▸ **TASK DETAILS**
Reproduce only the top of the records, down to and including the line containing "one swap, which".

*** DATA SECTION ***

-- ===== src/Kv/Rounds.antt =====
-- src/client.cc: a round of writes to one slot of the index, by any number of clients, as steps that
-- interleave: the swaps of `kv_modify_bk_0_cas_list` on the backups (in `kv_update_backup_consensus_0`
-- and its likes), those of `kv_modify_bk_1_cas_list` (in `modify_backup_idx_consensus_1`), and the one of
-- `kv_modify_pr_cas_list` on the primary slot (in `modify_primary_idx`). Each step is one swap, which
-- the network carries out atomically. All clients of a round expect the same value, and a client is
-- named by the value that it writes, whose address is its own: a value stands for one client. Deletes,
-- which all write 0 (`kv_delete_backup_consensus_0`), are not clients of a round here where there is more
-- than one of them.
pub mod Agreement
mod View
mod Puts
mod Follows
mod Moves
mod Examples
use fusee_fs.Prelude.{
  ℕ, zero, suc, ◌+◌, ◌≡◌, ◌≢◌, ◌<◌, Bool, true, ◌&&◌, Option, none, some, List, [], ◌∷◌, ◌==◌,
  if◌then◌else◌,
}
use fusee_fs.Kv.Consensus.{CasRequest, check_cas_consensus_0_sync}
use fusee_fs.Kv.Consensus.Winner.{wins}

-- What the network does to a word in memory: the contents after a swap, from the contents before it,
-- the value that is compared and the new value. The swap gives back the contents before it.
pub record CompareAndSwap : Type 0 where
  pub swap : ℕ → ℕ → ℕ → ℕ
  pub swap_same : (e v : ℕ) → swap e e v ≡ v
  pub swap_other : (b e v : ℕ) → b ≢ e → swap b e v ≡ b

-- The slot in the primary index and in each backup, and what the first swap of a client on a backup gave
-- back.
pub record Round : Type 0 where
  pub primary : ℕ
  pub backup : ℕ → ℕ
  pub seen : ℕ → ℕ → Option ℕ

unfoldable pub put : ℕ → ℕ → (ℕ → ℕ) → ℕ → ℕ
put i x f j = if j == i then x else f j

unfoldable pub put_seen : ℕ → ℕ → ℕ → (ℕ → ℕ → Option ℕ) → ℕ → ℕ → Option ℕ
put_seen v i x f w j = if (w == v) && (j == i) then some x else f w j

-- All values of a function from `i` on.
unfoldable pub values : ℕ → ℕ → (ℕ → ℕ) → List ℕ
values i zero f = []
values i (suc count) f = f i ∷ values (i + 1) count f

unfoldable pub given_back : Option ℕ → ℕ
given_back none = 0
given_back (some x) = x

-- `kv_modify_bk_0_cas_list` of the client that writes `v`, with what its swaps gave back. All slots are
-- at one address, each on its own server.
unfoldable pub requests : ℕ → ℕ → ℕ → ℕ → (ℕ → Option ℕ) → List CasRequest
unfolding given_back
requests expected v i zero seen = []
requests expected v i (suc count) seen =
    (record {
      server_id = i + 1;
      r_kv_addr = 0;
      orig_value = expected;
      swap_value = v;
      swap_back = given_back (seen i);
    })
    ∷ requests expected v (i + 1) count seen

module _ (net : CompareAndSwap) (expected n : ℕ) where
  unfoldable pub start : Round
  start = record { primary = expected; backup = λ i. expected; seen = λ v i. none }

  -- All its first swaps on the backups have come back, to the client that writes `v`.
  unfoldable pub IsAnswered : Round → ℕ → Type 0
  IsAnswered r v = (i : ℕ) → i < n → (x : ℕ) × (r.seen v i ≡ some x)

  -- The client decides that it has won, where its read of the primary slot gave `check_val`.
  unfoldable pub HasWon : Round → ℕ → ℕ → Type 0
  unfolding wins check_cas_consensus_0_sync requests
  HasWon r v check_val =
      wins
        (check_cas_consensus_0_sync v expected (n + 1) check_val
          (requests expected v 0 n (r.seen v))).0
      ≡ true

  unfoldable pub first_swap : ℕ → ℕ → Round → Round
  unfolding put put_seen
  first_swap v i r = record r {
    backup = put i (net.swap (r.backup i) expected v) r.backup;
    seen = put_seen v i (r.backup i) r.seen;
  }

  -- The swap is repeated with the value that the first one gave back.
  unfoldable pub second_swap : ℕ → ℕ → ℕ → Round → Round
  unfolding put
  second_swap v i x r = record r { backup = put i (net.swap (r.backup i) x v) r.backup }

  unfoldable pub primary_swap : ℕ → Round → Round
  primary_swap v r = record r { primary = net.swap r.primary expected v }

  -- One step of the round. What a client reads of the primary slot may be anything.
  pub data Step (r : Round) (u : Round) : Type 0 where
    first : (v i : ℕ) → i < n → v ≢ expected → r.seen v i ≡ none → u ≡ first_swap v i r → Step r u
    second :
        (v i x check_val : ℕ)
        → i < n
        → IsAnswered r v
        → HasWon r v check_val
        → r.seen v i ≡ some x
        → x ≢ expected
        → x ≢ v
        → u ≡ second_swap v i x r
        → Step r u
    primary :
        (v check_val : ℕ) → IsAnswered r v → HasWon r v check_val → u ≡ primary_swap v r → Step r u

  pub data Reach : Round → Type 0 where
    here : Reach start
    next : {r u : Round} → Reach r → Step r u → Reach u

*** End of DATA SECTION ***

▸ **SOLUTION TO THIS PROBLEM**
-- ===== src/Kv/Rounds.antt =====
-- src/client.cc: a round of writes to one slot of the index, by any number of clients, as steps that
-- interleave: the swaps of `kv_modify_bk_0_cas_list` on the backups (in `kv_update_backup_consensus_0`
-- and its likes), those of `kv_modify_bk_1_cas_list` (in `modify_backup_idx_consensus_1`), and the one of
-- `kv_modify_pr_cas_list` on the primary slot (in `modify_primary_idx`). Each step is one swap, which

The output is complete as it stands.